Becky Huting, MJLST Editor
To date, at least 19 women have come forward accusing Bill Cosby of some type of sexual abuse. The majority of the women have told similar stories that involve some variant of being drugged, sexually assaulted, or being drugged and also sexually assaulted by Cosby. The New York Times recently published a piece entitled “When a Rapist’s Weapon is a Drug” that talks about a particular kind of paraphilia that some hypothesize is present in Cosby: a sexual deviation that involves drugging and raping unconscious partners. While it is important to note there is no indication of any formal diagnoses of Cosby (nor of criminal charges), this narrative has opened the dialogue about the contours of sexual disorder diagnosis and what it might mean in our legal regime.
The DSM, or Diagnostic and Statistical Manual of Mental Disorders, is authored by the American Psychiatric Association (APA) and offers a standardized classification of mental disorders. According to the APA, the DSM is “intended to be applicable in a wide array of contexts and used by clinicians and researchers of many different orientations (e.g., biological, psychodynamic, cognitive, behavioral, interpersonal, family/systems).” The DSM’s 5th Edition (DSM 5) is the 2013 update to the APA tool, superseding the last (DSM-IV-TSR), which was published in 2000.
Paraphilic disorders are defined by an unusual sexual preference that becomes compulsive. The DSM 5 contains eight distinct groups of disorders that constitute paraphilia. They include: exhibitionistic disorder, fetishistic disorder, frotteuristic disorder (arousal from touching or rubbing against a stranger), pedophilic disorder, sexual masochism disorder, sexual sadism disorder, transvestite disorder, and voyeuristic disorder.

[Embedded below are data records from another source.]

-- ===== src/Api/Create/Refused.antt =====
-- What a refused request to create a job leaves.
use pretext_plus_build_full.Common.{
  String, Option, none, some, List, ◌≡◌, refl, ◌==◌, eq_iff, Bool-cases, inl, inr, List-cases, ap,
  ◌∙◌, sym,
}
use pretext_plus_build_full.Common.Dict
use pretext_plus_build_full.Common.Dict.{Dict}
use pretext_plus_build_full.Config.{Settings}
use pretext_plus_build_full.Files.{Entries}
use pretext_plus_build_full.Jobs.{Fields, job_prefix}
use pretext_plus_build_full.World.{World}
use pretext_plus_build_full.Notify.{Network}
use pretext_plus_build_full.Api.{
  Answer, answered, http_error, Answer-cases, check_token, project_id_fields, asset_names,
}
use pretext_plus_build_full.Api.Intake.{
  Archives, Upload, Attempt, failed, done, refuses_callback, register, intake,
}
use pretext_plus_build_full.Api.Create.{
  Task, Queues, queued, respond, accept, create_build, create_generate, bad_names,
}

-- The store, the cache, the requests sent and the directories are as they were.
abbrev pub Same : World → World → Type 0
Same w w' =
    (w'.redis ≡ w.redis)
    × (w'.cache ≡ w.cache)
    × (w'.sent ≡ w.sent)
    × ((i : String) → Dict.lookup i w'.jobs ≡ Dict.lookup i w.jobs)

-- A refusal has this property; anything else need not.
abbrev pub Refusal {ℓ} : {A : Type ℓ} → World → Answer A × World → Type 0
Refusal w (answered a, w') = Unit
Refusal w (http_error code detail, w') = Same w w'

pub unchanged : (w : World) → Same w w
unchanged w = (refl, refl, refl, λ i. refl)

module _ (settings : Settings) (net : Network) (archives : Archives) (queues : Queues)
    (show_names : List String → String) (job_id : String) where
  removed_fresh :
      (w : World) (i : String)
      → Dict.lookup job_id w.jobs ≡ none
      → Dict.lookup i (Dict.remove job_id w.jobs) ≡ Dict.lookup i w.jobs
  removed_fresh w i fresh = rw Dict.lookup-remove (elim (Bool-cases (job_id == i)) [
    | inl same ↦
        rw same (sym (ap (λ k. Dict.lookup k w.jobs) (sym ((eq_iff job_id i).0 same)) ∙ fresh))
    | inr other ↦ rw other refl
  ])

  register-Refusal :
      (callback_url : Option String) (fields : Fields) (w : World) (r : Attempt Entries)
      → Dict.lookup job_id w.jobs ≡ none
      → Refusal w (register settings net archives job_id callback_url fields w r)
  unfolding register
  register-Refusal callback_url fields w (done tree) fresh = tt
  register-Refusal callback_url fields w (failed e) fresh =
      (refl, refl, refl, λ i. removed_fresh w i fresh)

  intake-Refusal :
      (upload : Upload) (callback_url : Option String) (fields : Fields) (w : World)
      → Dict.lookup job_id w.jobs ≡ none
      → Refusal w (intake settings net archives job_id upload callback_url fields w)
  unfolding intake
  intake-Refusal upload callback_url fields w fresh =
      elim (Bool-cases (refuses_callback settings net callback_url w)) [
        | inl bad ↦ rw (intake, bad) (refl, refl, refl, λ i. refl)
        | inr good ↦ rw (intake, good) (register-Refusal callback_url fields w _ fresh)
      ]

  respond-Refusal :
      (kind prefix : String) (task : Task) (w : World) (r : Answer String × World)
      → job_prefix kind ≡ some prefix
      → Refusal w r
      → Refusal w (respond settings net archives queues show_names job_id kind task r)
  unfolding respond
  respond-Refusal kind prefix task w (http_error code detail, w') known h = h
  respond-Refusal kind prefix task w (answered id, w') known h = rw (respond, queued, known) tt

  accept-Refusal :
      (kind prefix : String) (task : Task) (upload : Upload) (callback_url : Option String)
      (fields : Fields) (w : World)
      → job_prefix kind ≡ some prefix
      → Dict.lookup job_id w.jobs ≡ none
      → Refusal w (
          accept settings net archives queues show_names job_id kind task upload callback_url fields
            w)
  unfolding accept
  accept-Refusal kind prefix task upload callback_url fields w known fresh =
      respond-Refusal kind prefix task w _ known (intake-Refusal upload callback_url fields w fresh)

  pub create_build-Refusal :
      (upload : Upload) (target : String)
      (project_id token callback_url authorization : Option String) (w : World)
      → Dict.lookup job_id w.jobs ≡ none
      → Refusal w (
          create_build settings net archives queues show_names job_id upload target project_id token
            callback_url authorization w)
  unfolding create_build job_prefix
  create_build-Refusal upload target project_id token callback_url authorization w fresh =
      elim (Answer-cases (check_token settings token authorization)) [
        | inr (code, detail, e) ↦ rw (create_build, e) (unchanged w)
        | inl (unit, e) ↦ elim (Answer-cases (project_id_fields project_id)) [
          | inr (code, detail, e') ↦ rw (create_build, e, e') (unchanged w)
          | inl (project, e') ↦
              rw (create_build, e, e')
                (accept-Refusal "build" "/builds" _ upload callback_url _ w refl fresh)
        ]
      ]

  pub create_generate-Refusal :
      (upload : Upload) (target : String) (assets : List String)
      (project_id token callback_url authorization : Option String) (w : World)
      → Dict.lookup job_id w.jobs ≡ none
      → Refusal w (
          create_generate settings net archives queues show_names job_id upload target assets
            project_id token callback_url authorization w)
  unfolding create_generate job_prefix
  create_generate-Refusal upload target assets project_id token callback_url authorization w fresh =
      elim (Answer-cases (check_token settings token authorization)) [
        | inr (code, detail, e) ↦ rw (create_generate, e) (unchanged w)
        | inl (unit, e) ↦ elim (List-cases (bad_names (asset_names assets))) [
          | inr (bad, more, b) ↦ rw (create_generate, e, b) (unchanged w)
          | inl b ↦ elim (Answer-cases (project_id_fields project_id)) [
            | inr (code, detail, e') ↦ rw (create_generate, e, b, e') (unchanged w)
            | inl (project, e') ↦
                rw (create_generate, e, b, e')
                  (accept-Refusal "generate" "/generate" _ upload callback_url _ w refl fresh)
          ]
        ]
      ]

-- A request to create a job that is answered with an error, for whatever reason, leaves the job
-- store, the cache, the requests sent and every job's directory as they were, where the new id has
-- no directory yet.
pub refused_create_leaves_nothing :
    (settings : Settings) (net : Network) (archives : Archives) (queues : Queues)
    (show_names : List String → String) (job_id : String) (upload : Upload) (target : String)
    (assets : List String) (project_id token callback_url authorization : Option String) (w : World)
    → Dict.lookup job_id w.jobs ≡ none
    → Refusal w (
        create_build settings net archives queues show_names job_id upload target project_id token
          callback_url authorization w)
      × Refusal w (
          create_generate settings net archives queues show_names job_id upload target assets
            project_id token callback_url authorization w)
refused_create_leaves_nothing settings net archives queues show_names job_id upload target assets
      project_id token callback_url authorization w fresh =
    (
      create_build-Refusal settings net archives queues show_names job_id upload target project_id
          token callback_url authorization w fresh,
      create_generate-Refusal settings net archives queues show_names job_id upload target assets
          project_id token callback_url authorization w fresh,
    )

Now returning to Cosby: date rape incidents involving drugs being dosed to victims are very common. Alcohol is the most commonly used drug in sexual assaults, but some perpetrators use so-called “knock-out” drugs. Experts view the motives for the former simple opportunism, but some of the latter category of druggers have a different motive in mind: they like unresponsive partners. This preference for unconscious partners, and the erotic arousal dependent upon intruding upon an unresponsive partner, and sometimes waking the person, is being labeled “sleeping beauty syndrome” or “Somnophilia.” Somnophilia is a less common compulsion, but under a more common umbrella of a motive guided by coercion where the perpetrator is aroused by domination of their drugged partner.

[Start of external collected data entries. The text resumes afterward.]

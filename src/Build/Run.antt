-- ===== src/Build/Run.antt =====
-- `_prune_expired_jobs` and `_run_job`: a job, and what follows it. Listing and
-- removing directories succeed, as `ignore_errors` has it.
pub mod Reports
use pretext_plus_build_full.Common.{
  ℕ, String, Bool, Option, [], ◌∷◌, ◌+◌, ◌||◌, ltb, not, if◌then◌else◌, ◌==◌,
}
use pretext_plus_build_full.Common.Dict.{Dict}
use pretext_plus_build_full.Config.{Settings}
use pretext_plus_build_full.Docker.{returned, Daemon}
use pretext_plus_build_full.Jobs
use pretext_plus_build_full.AssetCache
use pretext_plus_build_full.World.{World, JobDir, Action, pure, gets, ◌>>=◌, ◌>>◌, catch, finally}
use pretext_plus_build_full.Notify.{Network, Codec}
use pretext_plus_build_full.Notify.Callback.{send_callback}
use pretext_plus_build_full.Build.{Sandbox}
use pretext_plus_build_full.Build.Mounts.{project_of}
use pretext_plus_build_full.Build.Sandboxed.{run_sandboxed}

-- `st_mtime < time.time() - settings.job_ttl`
unfoldable pub is_expired : ℕ → ℕ → JobDir → Bool
is_expired job_ttl now d = ltb (d.mtime + job_ttl) now

unfoldable pub without_expired : ℕ → ℕ → String → Dict JobDir → Dict JobDir
unfolding is_expired
without_expired job_ttl now current [] = []
without_expired job_ttl now current ((name, d) ∷ jobs) =
    let rest = without_expired job_ttl now current jobs in
    if name == current || not (is_expired job_ttl now d) then (name, d) ∷ rest else rest

unfoldable pub prune_expired_jobs : ℕ → String → Action (Unit {0})
unfolding without_expired
prune_expired_jobs job_ttl current w =
    (returned tt, record w { jobs = without_expired job_ttl w.redis.clock current w.jobs })

unfoldable pub prune_assets : Settings → Option String → Action (Unit {0})
unfolding AssetCache.prune
prune_assets settings keep w =
    (returned tt, record w { cache = AssetCache.prune settings keep w.redis.clock w.cache })

module _ (settings : Settings) (daemon : Daemon World) (net : Network) (codec : Codec)
    (copies : String → Bool) (job_id : String) where
  -- The `finally` of `_run_job`.
  unfoldable pub afterwards : Action (Unit {0})
  unfolding send_callback prune_expired_jobs prune_assets project_of
  afterwards = do
    data_ ← gets (λ w. Jobs.get_or_empty w.redis job_id)
    send_callback settings net codec job_id
    prune_expired_jobs settings.job_ttl job_id
    catch (prune_assets settings (project_of data_)) (λ e. pure tt)

  unfoldable pub run_job : String → String → Sandbox → Bool → Action (Unit {0})
  unfolding run_sandboxed afterwards
  run_job kind command sandbox list_files =
      finally
        (run_sandboxed settings daemon copies codec.dump_names job_id kind sandbox list_files
          command)
        afterwards
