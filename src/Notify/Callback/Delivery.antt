-- ===== src/Notify/Callback/Delivery.antt =====
-- What `send_callback` sends.
use Prim.Native.Nat.{zero, suc, max}
use pretext_plus_build_full.Common.{
  ℕ, String, true, Option, none, some, List, [], ◌∷◌, ◌++◌, ◌≤◌, if◌then◌else◌, ◌≡◌, ◌==◌, ◌⊎◌, inl,
  inr, refl, sym, ap, ◌∙◌, arith, Bool-cases, Option-cases,
}
use pretext_plus_build_full.Common.Dict
use pretext_plus_build_full.Common.Text.{is_truthy}
use pretext_plus_build_full.Config.{Settings}
use pretext_plus_build_full.Docker.{returned}
use pretext_plus_build_full.Jobs
use pretext_plus_build_full.Jobs.{Record, job_prefix}
use pretext_plus_build_full.Jobs.Laws.{field}
use pretext_plus_build_full.World.{World, Request, update_job}
use pretext_plus_build_full.World.Laws.{Result-cases}
use pretext_plus_build_full.Notify.{Network, Codec, or_empty, is_allowed_callback_url}
use pretext_plus_build_full.Notify.Callback.{
  verdict, attempts, request_of, kind_of, names_of, build_payload, deliver, notify, send_callback,
}

abbrev pub repeat {ℓ} : {A : Type ℓ} → ℕ → A → List A
repeat zero x = []
repeat (suc n) x = x ∷ repeat n x

snoc-append {ℓ} :
    {A : Type ℓ} (xs : List A) (x : A) (ys : List A) → (xs ++ (x ∷ [])) ++ ys ≡ xs ++ (x ∷ ys)
snoc-append [] x ys = refl
snoc-append (y ∷ xs) x ys = ap (λ zs. y ∷ zs) (snoc-append xs x ys)

append_nil {ℓ} : {A : Type ℓ} (xs : List A) → xs ++ [] ≡ xs
append_nil [] = refl
append_nil (x ∷ xs) = ap (λ zs. x ∷ zs) (append_nil xs)

-- A request was sent some times, at most `n`.
abbrev Sent : ℕ → Request → World → World → Type 0
Sent n request w w' = (k : ℕ) × (k ≤ n) × (w'.sent ≡ w.sent ++ repeat k request)

attempts-Sent :
    (net : Network) (job_id : String) (request : Request) (n : ℕ) (last_error : String) (w : World)
    → Sent n request w ((attempts net job_id request n last_error w).1)
unfolding attempts update_job
attempts-Sent net job_id request zero last_error w = (0, omega arith, sym (append_nil w.sent))
attempts-Sent net job_id request (suc n) last_error w =
    elim (Option-cases (verdict net (net.post request w))) [
      | inl e ↦ rw (e, attempts) (1, omega arith, refl)
      | inr (text, e) ↦
          let w' : World = record w { sent = w.sent ++ (request ∷ []) } in
          let (k, le, all_sent) = attempts-Sent net job_id request n text w' in
          rw (e, attempts)
            (suc k, omega arith, all_sent ∙ snoc-append w.sent request (repeat k request))
    ]

pub build_payload_world :
    (settings : Settings) (codec : Codec) (job_id : String) (fields : Record) (w : World)
    → (build_payload settings codec job_id fields w).1 ≡ w
unfolding build_payload
build_payload_world settings codec job_id fields w =
    elim (Option-cases (job_prefix (kind_of fields))) [
      | inl e ↦ rw (e, build_payload) refl
      | inr (prefix, e) ↦
          elim (Option-cases (
            if kind_of fields == "generate"
            then names_of codec (or_empty (Dict.lookup "files" fields))
            else some [])) [
              | inl bad ↦ rw (e, build_payload, bad) refl
              | inr (files, good) ↦ rw (e, build_payload, good) refl
            ]
    ]

-- No request was sent, or one request to a URL was sent some times, at most `n`.
abbrev pub Posted : ℕ → String → World → World → Type 0
Posted n url w w' =
    (w'.sent ≡ w.sent)
    ⊎ ((request : Request) × (request.url ≡ url)
        × (k : ℕ) × (k ≤ n)
        × (w'.sent ≡ w.sent ++ repeat k request))

module _ (settings : Settings) (net : Network) (codec : Codec) where
  deliver-Posted :
      (job_id url : String) (fields : Record) (w : World)
      → Posted
          (max 1 settings.callback_retries)
          url
          w
          ((deliver settings net codec job_id url fields w).1)
  unfolding deliver request_of
  deliver-Posted job_id url fields w =
      let same = build_payload_world settings codec job_id fields w in
      elim (Result-cases (build_payload settings codec job_id fields w)) [
        | inl (p, v, e) ↦
            let same' : v ≡ w = sym (ap (λ r. r.1) e) ∙ same in
            let request = request_of settings net codec url p in
            let (k, le, all_sent) =
              attempts-Sent net job_id request (max 1 settings.callback_retries) "None" v in
            rw (e, deliver)
              (inr (request, refl, k, le, all_sent ∙ ap (λ x. x.sent ++ repeat k request) same'))
        | inr (inl (x, v, e)) ↦
            rw (e, deliver) (inl (ap (λ r. r.1.sent) (sym e) ∙ ap (λ x. x.sent) same))
        | inr (inr (v, e)) ↦
            rw (e, deliver) (inl (ap (λ r. r.1.sent) (sym e) ∙ ap (λ x. x.sent) same))
      ]

  -- Nothing was sent, or the requests went to a URL that is let through.
  abbrev Guarded : String → World → World → Type 0
  Guarded url w w' =
      (w'.sent ≡ w.sent)
      ⊎ ((is_truthy url ≡ true)
          × (is_allowed_callback_url settings net url w ≡ true)
          × Posted (max 1 settings.callback_retries) url w w')

  notify-Guarded :
      (job_id url : String) (fields : Record) (w : World)
      → Guarded url w ((notify settings net codec job_id url fields w).1)
  unfolding notify update_job
  notify-Guarded job_id url fields w = elim (Bool-cases (is_truthy url)) [
    | inr f ↦ rw f (inl refl)
    | inl t ↦ elim (Bool-cases (is_allowed_callback_url settings net url w)) [
      | inr blocked ↦ rw (t, blocked) (inl refl)
      | inl allowed ↦ rw (t, allowed) (inr (refl, refl, deliver-Posted job_id url fields w))
    ]
  ]

  pub send_none :
      (job_id : String) (w : World)
      → Jobs.get w.redis job_id ≡ none
      → send_callback settings net codec job_id w ≡ (returned tt, w)
  unfolding send_callback
  send_none job_id w e = rw (e, send_callback)

  pub send_some :
      (job_id : String) (w : World) (fields : Record)
      → Jobs.get w.redis job_id ≡ some fields
      → send_callback settings net codec job_id w
        ≡ notify settings net codec job_id (or_empty (Dict.lookup "callback_url" fields)) fields w
  unfolding send_callback
  send_some job_id w fields e = rw (e, send_callback)

  truthy_found : (o : Option String) → is_truthy (or_empty o) ≡ true → o ≡ some (or_empty o)
  truthy_found none t = absurd (cc)
  truthy_found (some s) t = refl

  -- Sending a job's callback either sends nothing, or sends one request, at most as often as there
  -- are retries (once if there are none), to the URL in the job's record, and that URL passes the
  -- test for callback URLs in the world in which the sending starts.
  pub send_callback_guarded :
      (job_id : String) (w : World)
      → let w' = (send_callback settings net codec job_id w).1 in
        (w'.sent ≡ w.sent)
        ⊎ ((request : Request) × (field w.redis job_id "callback_url" ≡ some request.url)
            × (is_allowed_callback_url settings net request.url w ≡ true)
            × (k : ℕ) × (k ≤ max 1 settings.callback_retries)
            × (w'.sent ≡ w.sent ++ repeat k request))
  send_callback_guarded job_id w = elim (Option-cases (Jobs.get w.redis job_id)) [
    | inl e ↦ rw (send_none job_id w e) (inl refl)
    | inr (fields, e) ↦
        let url = or_empty (Dict.lookup "callback_url" fields) in
        elim (notify-Guarded job_id url fields w) [
          | inl none_sent ↦ rw (send_some job_id w fields e) (inl none_sent)
          | inr (t, allowed, posted) ↦ elim posted [
            | inl none_sent ↦ rw (send_some job_id w fields e) (inl none_sent)
            | inr (request, to, k, le, all_sent) ↦ rw (send_some job_id w fields e) (
                inr (
                  request,
                  ap
                        (λ o.
                          Dict.lookup "callback_url"
                            (elim o as (λ _. Record) [ none ↦ [] | some f ↦ f ]))
                        e
                      ∙ truthy_found (Dict.lookup "callback_url" fields) t
                      ∙ ap some (sym to),
                  rw to allowed,
                  k,
                  le,
                  all_sent,
                ))
          ]
        ]
  ]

According to Dr. Michael First, a psychiatrist and editorial consultant on the new DSM 5, the kind of coercion and domination achieved by drugging a partner is common enough that the APA actually contemplated adding it as a distinct diagnosis as a paraphilia disorder, but the idea was shelved in part because of concerns that doing so would give rapists added recourse in legal cases. This should be of interest for legal practitioners: it begs the question – should doctors be thinking about legal implications when they classify disorders? If they are indeed guided by what might be a legal defense, one could imagine the whole composition of the DSM changing tomorrow. Just a couple examples come quickly to mind. Schizophrenia is a widely accepted mental disorder included on the DSM, and yet is not infrequently used to bolster a legal defense for very horrific crimes. Consider also sleep-walking disorders. These too are on the DSM 5, and yet, criminal defendants have been known to use sleep-walking as a legal defense for equally ghastly crimes. It seems incongruous to say that leaving these kind of “excusing” mental disorders off is the policy here. They are already on the DSM, and criminal defendants have used them for quite some time. If the APA is willing to sacrifice classifying valid mental disorders in the name of some sense of legal responsibility, they must also consider the consequences for the field of psychiatry and the name of treatment.
Clearly here the concern by the American Psychiatric Association is that giving disorders like Somnophilia a name legitimizes it – those ostensibly like Bill Cosby will now have a diagnosis to stand behind in court. They can say: “it wasn’t my fault, it’s my disposition. I have a disorder.” (It is also unclear that a jury would give any sympathetic weight or credence to this). But the clear question is whether lawyers want doctors doing the legal work for them behind the scenes. Will psychiatry and its patients actually benefit by this kind of legal policy gut-checking, or should we just ask politely ask doctors to do what they do best – classify, diagnose, and treat?